Le di-(2-éthylhexyl) phtalate (plastifiant largement utilisé comme dans les revêtements de sol et de murs, les tapis et moquettes, les rideaux de douche, les cuirs synthétiques, mais aussi les parfums, vernis à ongles, les produits cosmétiques, les emballages alimentaires, les peintures, les jouets d’enfants…) était le contaminant le plus abondant dans tous les échantillons recueillis, présent à des concentrations allant de 104 à 7 630 µg/g.

Les PBDE (largement utilisés comme retardateurs de flamme, dans de nombreuses installations domestiques électriques et électroniques, dont les télévisions, ordinateurs, dans la mousse de polyuréthane des canapés, des matelas…) étaient eux aussi retrouvés à de fortes concentrations, allant de 1 780 à 25 200 ng/g.

Les PCB étaient présents dans certains échantillons de poussières, à des concentrations considérées comme préoccupantes pour la santé de l’homme (associations observées à des effets sanitaires indésirables : neurotoxiques, immunitaires, endocriniens, cancers, lymphomes non hodgkiniens). Pourtant l’utilisation des PCB a été interdite aux États-Unis en 1977. Les PCB, entre autres ceux ajoutés dans les matériaux de construction, notamment dans les joints de mastic, les peintures, les plâtres, fabriqués entre les années 1940 et 1970, pour améliorer l’efficacité et la résistance de ces matériaux, qui contenaient de très fortes concentrations de PCB, sont cependant stables dans l’environnement, avec des demi-vies de 10 à 20 ans. Et ces demi-vies, pour des raisons d’humidité, d’ensoleillement et d’activité bactérienne, pourraient peut-être être plus longues encore à l’intérieur des immeubles.

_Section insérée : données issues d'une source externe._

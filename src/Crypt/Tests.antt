-- ===== src/Crypt/Tests.antt =====
-- A toy library: its stream exchanges 0 and 1, and its tag repeats the length of the text.
use trusty_platform_sand.Base.{
  same, same_self, same-true, ℕ, zero, suc, ◌+◌, ◌-◌, ◌^◌, ◌≡◌, ◌≢◌, inr, refl, ◌∙◌, ap, sym, Bool,
  true, false, pos, none, some, List, [], ◌∷◌, arith, map, length, take, slice, replicate, zeros,
  length-replicate,
}
use mathlib.Core.Option.{some-injective}
use trusty_platform_sand.Crypt.{
  no_error, err_auth_failed, Call, crypt, finish, get_tag, set_tag, Evp, Result, to_int,
  gcm_tag_size, aes_256_gcm_encrypt, aes_256_gcm_decrypt,
}
use trusty_platform_sand.Crypt.Verified.{IsChecked, opened}
use trusty_platform_sand.Crypt.Clean.{
  Allocates, IsClean, aes_256_gcm-IsClean, aes_256_gcm_decrypt-IsChecked,
}
use trusty_platform_sand.Crypt.Gcm.{IsGcm, init}
use trusty_platform_sand.Crypt.Open.{aes_256_gcm_decrypt_lem}
use trusty_platform_sand.Crypt.RoundTrip.{decrypt-encrypt}

abbrev flip : ℕ → ℕ
flip zero = 1
flip (suc zero) = 0
flip (suc (suc n)) = suc (suc n)

flip-flip : (n : ℕ) → flip (flip n) ≡ n
flip-flip zero = refl
flip-flip (suc zero) = refl
flip-flip (suc (suc n)) = refl

flips : (p : List ℕ) → map flip (map flip p) ≡ p
flips [] = refl
flips (x ∷ xs) = rw (flip-flip x, flips xs) refl

length-flips : (p : List ℕ) → length (map flip p) ≡ length p
length-flips [] = refl
length-flips (x ∷ xs) = omega (arith, length-flips xs)

abbrev toy_tag : List ℕ → List ℕ
toy_tag p = replicate 16 (length p)

same-false : (xs ys : List ℕ) → xs ≢ ys → same xs ys ≡ false
same-false xs ys ne = go (same xs ys) refl
  where
    go : (b : Bool) → same xs ys ≡ b → b ≡ false
    go true e = absurd (ne (same-true xs ys e))
    go false e = refl

abbrev toy_succeeds : List Call → Bool
toy_succeeds (finish ∷ set_tag tag ∷ crypt text (pos m) ∷ h) = same tag (toy_tag (take m text))
toy_succeeds _ = true

abbrev toy_stores : List Call → List ℕ
toy_stores (crypt text (pos m) ∷ h) = map flip (take m text)
toy_stores (get_tag n ∷ finish ∷ crypt text (pos m) ∷ h) = toy_tag (map flip (take m text))
toy_stores _ = []

abbrev toy : Evp
toy = record {
  ctx_new = true;
  succeeds = toy_succeeds;
  stores = toy_stores;
  malloc = λ n. some (replicate n 9);
  memcpy_s = λ d s. (true, s);
}

toy-Allocates : Allocates toy
toy-Allocates n block e =
    ap (length {A = ℕ}) (sym (some-injective _ _ e)) ∙ length-replicate {A = ℕ} n 9

abbrev toy_gcm : IsGcm toy [] (1 ∷ []) 12 none 0
toy_gcm = record {
  stream = map flip;
  mac = toy_tag;
  stream_twice = flips;
  stream_length = length-flips;
  mac_length = λ p. refl;
  has_ctx = refl;
  copies = λ d s e h. refl;
  begins = λ b. elim b as (λ k. toy_succeeds (init [] (1 ∷ []) k ∷ []) ≡ true) [
    | true ↦ refl
    | false ↦ refl
  ];
  sets_iv = λ b. refl;
  takes_aad = λ b a e. refl;
  crypts = λ b text m. refl;
  crypted = λ b text m. refl;
  finishes = λ text m. refl;
  finished = λ h. refl;
  gives_tag = λ text m. refl;
  tag_is = λ text m. refl;
  takes_tag = λ tag text m. refl;
  accepts = λ tag text m e. rw e (same_self (toy_tag (take m text)));
  rejects = λ tag text m ne. same-false tag (toy_tag (take m text)) ne;
}

-- Three bytes and a tag with one byte wrong
abbrev forged : List ℕ
forged = 0 ∷ 1 ∷ 7 ∷ 4 ∷ replicate 15 3

forged_is_wrong : slice 3 16 forged ≢ toy_tag (take 3 forged)
forged_is_wrong e = absurd (ground (arith, e))

aes_256_gcm_decrypt_lem_example :
    (slice 3 16 forged ≡ toy_tag (take 3 forged)
      → aes_256_gcm_decrypt toy
          (some [])
          (some (1 ∷ []))
          12
          none
          0
          (some forged)
          19
          (some (zeros 4))
          (some 0)
        ≡ some (record {
          rc = no_error;
          out = some (1 ∷ 0 ∷ 7 ∷ 0 ∷ []);
          out_size = some 3;
          freed = zeros 3 ∷ [];
        }))
    × (slice 3 16 forged ≢ toy_tag (take 3 forged)
        → aes_256_gcm_decrypt toy
            (some [])
            (some (1 ∷ []))
            12
            none
            0
            (some forged)
            19
            (some (zeros 4))
            (some 0)
          ≡ some (record {
            rc = err_auth_failed;
            out = some (1 ∷ 0 ∷ 7 ∷ 0 ∷ []);
            out_size = some 0;
            freed = zeros 3 ∷ [];
          }))
aes_256_gcm_decrypt_lem_example =
    aes_256_gcm_decrypt_lem toy [] (1 ∷ []) 12 none 0 toy_gcm forged 3 (omega arith) (omega arith)
      (zeros 4) 0 (replicate 3 9) (omega arith) (omega arith) (omega arith) refl refl

decrypt-encrypt_example :
    (made : List ℕ) × (aes_256_gcm_encrypt toy
        (some [])
        (some (1 ∷ []))
        12
        none
        0
        (some (0 ∷ 5 ∷ []))
        2
        (some (zeros 20))
        (some 0)
      ≡ some (record { rc = no_error; out = some made; out_size = some 18; freed = zeros 18 ∷ [] }))
    × (aes_256_gcm_decrypt toy
          (some [])
          (some (1 ∷ []))
          12
          none
          0
          (some made)
          18
          (some (zeros 3))
          (some 0)
        ≡ some (record {
          rc = no_error;
          out = some (0 ∷ 5 ∷ 0 ∷ []);
          out_size = some 2;
          freed = zeros 2 ∷ [];
        }))
decrypt-encrypt_example =
    decrypt-encrypt toy [] (1 ∷ []) 12 none 0 toy_gcm (0 ∷ 5 ∷ []) (omega arith) (zeros 20) 0
      (replicate 18 9) (zeros 3) 0 (replicate 2 9) (omega arith) (omega arith) (omega arith) refl
      refl (omega arith) refl refl

-- The result of the decryption of the forged bytes
abbrev refused : Result
refused = record {
  rc = err_auth_failed;
  out = some (1 ∷ 0 ∷ 7 ∷ 0 ∷ []);
  out_size = some 0;
  freed = zeros 3 ∷ [];
}

decrypt_refused :
    aes_256_gcm_decrypt toy
      (some [])
      (some (1 ∷ []))
      12
      none
      0
      (some forged)
      19
      (some (zeros 4))
      (some 0)
    ≡ some refused
unfolding aes_256_gcm_decrypt
decrypt_refused = refl

aes_256_gcm-IsClean_example : IsClean (some 0) refused
aes_256_gcm-IsClean_example =
    aes_256_gcm-IsClean toy [] (1 ∷ []) 12 none 0 forged 19 (zeros 4) 0 refused toy-Allocates
      (inr decrypt_refused)

-- Three bytes with their tag
abbrev genuine : List ℕ
genuine = 0 ∷ 1 ∷ 7 ∷ replicate 16 3

abbrev accepted : Result
accepted = record {
  rc = no_error;
  out = some (1 ∷ 0 ∷ 7 ∷ 0 ∷ []);
  out_size = some 3;
  freed = zeros 3 ∷ [];
}

decrypt_accepted :
    aes_256_gcm_decrypt toy
      (some [])
      (some (1 ∷ []))
      12
      none
      0
      (some genuine)
      19
      (some (zeros 4))
      (some 0)
    ≡ some accepted
unfolding aes_256_gcm_decrypt
decrypt_accepted = refl

aes_256_gcm_decrypt-IsChecked_example :
    IsChecked toy (opened [] (1 ∷ []) 12 none 0) genuine (to_int (19 + 2 ^ 64 - gcm_tag_size))
aes_256_gcm_decrypt-IsChecked_example =
    aes_256_gcm_decrypt-IsChecked toy [] (1 ∷ []) 12 none 0 genuine 19 (zeros 4) 0 accepted
      toy-Allocates decrypt_accepted refl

Cette étude, préliminaire, attire sérieusement l’attention sur la contamination de la poussière de l’air intérieur par des agents chimiques, perturbateurs endocriniens, persistant longtemps dans les habitations.

* DDT : dichlorodiphényltrichloroéthane ; **PBDE : éthers de polybromodiphényléthers ; ***PCB : polychlorobiphényles.

Dr Claudine Goldgewicht

Hwang H-M et coll. : Occurrence of endocrine-disrupting chemicals in indoor dust. Sc Total Environ 2008. Publication en ligne le 14 juillet 2008.